[SUPPLIED MATERIAL]

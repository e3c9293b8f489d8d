-- ===== src/Keycloak/Token/Laws.antt =====
-- A token that is handed out has not expired.
use deploy_gateway.Base.{ℕ, ◌+◌, ◌<◌, String, ◌==◌, ◌≡◌, ◌⊎◌, false, Result, ok}
use deploy_gateway.Store.{Time}
use deploy_gateway.Keycloak.Http.{Config, Server}
use deploy_gateway.Keycloak.Token.{TokenSource, lifetime_of, token_url, token}

module _ (H : Server) (cfg : Config) where
  -- The token endpoint issued this token at this time, for so many seconds.
  pub record Issued (tok : String) (at : Time) (seconds : ℕ) : Type 0 where
    pub before : H.State
    pub answer :
        (H.post_token cfg (token_url H.path_escape cfg) before).0
        ≡ ok (record {
          status_code = 200;
          body = ok (record { access_token = tok; expires_in = seconds });
        })
    pub time : H.clock (H.post_token cfg (token_url H.path_escape cfg) before).1 ≡ at

  -- The cached token was issued, and its deadline is the one of its lifetime.
  pub record Origin (tok : String) (deadline : Time) : Type 0 where
    pub at : Time
    pub seconds : ℕ
    pub issued : Issued tok at seconds
    pub deadline_is : deadline ≡ at + lifetime_of seconds

  abbrev pub Sourced : TokenSource → Type 0
  Sourced t = (t.token == "") ≡ false → Origin t.token t.expires_at

  -- It is cached for later, and it has just come or is still before its deadline.
  pub record Live (tok : String) (now : Time) : Type 0 where
    pub at : Time
    pub seconds : ℕ
    pub issued : Issued tok at seconds
    pub live : (now ≡ at) ⊎ (now < at + lifetime_of seconds)

  -- What a call leaves in the source, and what it hands out at this time.
  pub record Good (now : Time) (r : Result String × TokenSource) : Type 0 where
    pub sourced : Sourced r.1
    pub live : (tok : String) → r.0 ≡ ok tok → Live tok now

  module _ (before : H.State) (t : TokenSource) (src : Sourced t) where
    abbrev answered : Time
    answered = H.clock (H.post_token cfg (token_url H.path_escape cfg) before).1

  -- The result of a call of `Token` and the time at its end.
  abbrev pub ended : Result String × TokenSource × H.State → Time
  ended r = H.clock r.2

[/SUPPLIED MATERIAL]

Reproduce verbatim the lines above, from the line with "pub deadline_is : deadline" through the line with "pub live : (now".

    pub deadline_is : deadline ≡ at + lifetime_of seconds

  abbrev pub Sourced : TokenSource → Type 0
  Sourced t = (t.token == "") ≡ false → Origin t.token t.expires_at

  -- It is cached for later, and it has just come or is still before its deadline.
  pub record Live (tok : String) (now : Time) : Type 0 where
    pub at : Time
    pub seconds : ℕ
    pub issued : Issued tok at seconds
    pub live : (now ≡ at) ⊎ (now < at + lifetime_of seconds)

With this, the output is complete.